String Optimization in Go

Master Go string internals, concatenation patterns, and efficient string handling techniques

Strings are fundamental to Go programs, yet many developers treat them as zero-cost abstractions. This guide explores string internals and practical optimization techniques that can dramatically improve performance.
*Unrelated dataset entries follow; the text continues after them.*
-- ===== src/Log/Commit.antt =====
-- `commit` against a crash at any of its writes.
use cpp.Prelude.{
  ℕ, ◌+◌, ◌-◌, ◌*◌, ◌≤◌, ◌<◌, ◌≡◌, ◌⊎◌, refl, sym, ap, ◌∙◌, subst, inl, inr, false, ltb, List, [],
  ◌∷◌, length, arith, Bool-cases,
}
use cpp.Blocks.{Block, Store}
use cpp.Log.{Log, World, install_from, install_trans, write_log, write_head, commit, has}
use cpp.Log.Install.{
  Logged, IsHome, AllHome, power-write_log_from, write_log_from-frame, power-install_from,
  install_from-off,
}
use cpp.Log.Header.{write_head_lem, write_log_from-Logged}
use cpp.Log.Crash.{Clear, Committed, finish}

-- A transaction that can be committed: the log on the disk is empty, the blocks to be written are
-- outside the log and fit into it, and no other block differs from its copy on the disk.
pub record Ready (size : ℕ) (w : World) : Type 0 where
  pub room : length w.log.blocks < size
  pub home : AllHome w.log.start size w.log.blocks
  pub empty : w.store.disk w.log.start 0 ≡ 0
  pub clean :
      (a : ℕ)
      → IsHome w.log.start size a
      → has a w.log.blocks ≡ false
      → w.store.view a ≡ w.store.disk a

module _ (size : ℕ) (w : World) (r : Ready size w) where
  -- The writes to the log, and then the header.
  logged_store : Store
  logged_store = write_log w.log w.store

  before :
      w.store.power ≤ length w.log.blocks → Clear w.log.start size w.store.disk logged_store.disk
  unfolding logged_store write_log
  before p = record {
    empty = ap (λ b. b 0) (kept w.log.start (inl (omega arith))) ∙ r.empty;
    same = λ a h. kept a (omega (arith, h, r.room));
  }
    where
      kept :
          (a : ℕ)
          → (a < w.log.start + 0 + 1) ⊎ (w.log.start + 0 + length w.log.blocks < a)
          → (write_log w.log w.store).disk a ≡ w.store.disk a
      kept a out = (write_log_from-frame w.log.start 0 w.log.blocks w.store a out).0

  headed : Store
  headed = write_head w.log logged_store

  headed-Committed :
      length w.log.blocks < w.store.power
      → Committed w.log.start size w.log.blocks w.store.view headed.disk
        × Logged headed.view w.log.start 0 w.log.blocks w.store.view
        × (headed.power ≡ w.store.power - length w.log.blocks - 1)
  unfolding headed logged_store write_log
  headed-Committed p =
      let l : Log = w.log in
      let s₁ : Store = write_log l w.store in
      let power₁ = power-write_log_from l.start 0 l.blocks w.store in
      let (d, v) =
        write_log_from-Logged l.start size w.store.view 0 l.blocks w.store (omega (arith, r.room))
          r.home (omega arith) (λ i b e. refl) in
      let (frame, off, on, after) = write_head_lem l s₁ in
      let kept : (a : ℕ) → IsHome l.start size a → s₁.disk a ≡ w.store.disk a =
        λ a h. (write_log_from-frame l.start 0 l.blocks w.store a (omega (arith, h, r.room))).0 in
      (
        record {
          named = (on (omega (arith, power₁))).1;
          room = r.room;
          home = r.home;
          logged = λ i b e. (frame (l.start + 0 + 1 + i) (λ x. omega arith)).0 ∙ d i b e;
          others = λ a h out.
              (frame a (λ x. omega (arith, h, r.room))).0 ∙ kept a h ∙ sym (r.clean a h out);
        },
        λ i b e. (frame (l.start + 0 + 1 + i) (λ x. omega arith)).1 ∙ v i b e,
        omega (arith, after, power₁),
      )

  committed : Store
  committed = write_head (record w.log { blocks = [] }) (install_trans w.log headed)

  stopped : w.store.power ≤ length w.log.blocks → committed.disk ≡ logged_store.disk
  unfolding committed headed logged_store write_log install_trans
  stopped p =
      let l : Log = w.log in
      let s₁ : Store = write_log l w.store in
      let power₁ = power-write_log_from l.start 0 l.blocks w.store in
      let (frame₁, off₁, on₁, after₁) = write_head_lem l s₁ in
      let s₂ : Store = write_head l s₁ in
      let s₃ : Store = install_from l.start 0 l.blocks s₂ in
      let (frame₃, off₃, on₃, after₃) = write_head_lem (record l { blocks = [] }) s₃ in
      off₃ (omega (arith, power-install_from l.start 0 l.blocks s₂, after₁, power₁))
      ∙ install_from-off l.start 0 l.blocks s₂ (omega (arith, after₁, power₁))
      ∙ off₁ (omega (arith, power₁))

  commit_lem : 0 < length w.log.blocks → (commit w).store ≡ committed
  unfolding commit committed headed logged_store
  commit_lem p = ground arith

commit-nothing : (w : World) → length w.log.blocks ≡ 0 → commit w ≡ w
unfolding commit
commit-nothing w e = ground arith

-- Wherever the machine stops in `commit` of a transaction that is ready, the disk holds either
-- none of the transaction, or all of it in the log or in place: with at most as many writes as
-- there are blocks the first, with up to as many again and one the second, and with more the
-- third. A transaction of no block is in place at once.
pub commit-crash :
    (size : ℕ) (w : World)
    → Ready size w
    → let n : ℕ = length w.log.blocks in
      let d : ℕ → Block = (commit w).store.disk in
      (w.store.power ≤ n → Clear w.log.start size w.store.disk d)
      × (0 < n
          → n < w.store.power
          → w.store.power ≤ 2 * n + 1
          → Committed w.log.start size w.log.blocks w.store.view d)
      × ((n ≡ 0) ⊎ (2 * n + 1 < w.store.power) → Clear w.log.start size w.store.view d)
unfolding committed
commit-crash size w r = elim (Bool-cases (ltb 0 (length w.log.blocks))) [
  | inr nothing ↦ rw (commit-nothing w (ground arith)) (
    λ p. record { empty = r.empty; same = λ a h. refl },
    λ p. absurd (ground arith),
    λ p. record {
      empty = r.empty;
      same = λ a h. sym (r.clean a h (has-empty a w.log.blocks (ground arith)));
    },
  )
  | inl there ↦
      let some_there : 0 < length w.log.blocks = ground arith in
      rw (commit_lem size w r some_there) (
        λ p.
            subst (Clear w.log.start size w.store.disk) (sym (stopped size w r p))
              (before size w r p),
        λ q p p'.
            let (c, v, power) = headed-Committed size w r p in
            (finish size w.log w.store.view (headed size w r) c v).0 (omega (arith, power)),
        λ p.
            let (c, v, power) = headed-Committed size w r (omega arith) in
            (finish size w.log w.store.view (headed size w r) c v).1 (omega (arith, power)),
      )
]
  where
    has-empty : (a : ℕ) (bs : List ℕ) → length bs ≡ 0 → has a bs ≡ false
    has-empty a [] e = refl
    has-empty a (b ∷ bs) e = absurd (omega arith)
String Internals: Immutable Byte Sequences

Go strings are immutable read-only byte slices with runtime support. Understanding their structure is critical for optimization.

String Structure

// Internal representation (simplified)
type StringHeader struct {
    Data uintptr  // Pointer to byte array (immutable)
    Len  int      // Length of string
}

Unlike slices, strings have no capacity field. This immutability guarantee means:

No bounds checking on capacity
Safe to share across goroutines
Cannot be modified in-place
Any "modification" requires new allocation

String vs Byte Slice: When to Use Which

The choice between string and []byte has significant performance implications.

Conversion Costs

Converting between strings and byte slices involves allocation and copying:

// String to []byte: allocation + copy
s := "hello world"
b := []byte(s)  // Allocates and copies

// []byte to string: allocation + copy
b := []byte("hello world")
s := string(b)  // Allocates and copies

// Benchmark: conversion costs
func BenchmarkStringByteConversion(b *testing.B) {
    s := "hello world with some longer content"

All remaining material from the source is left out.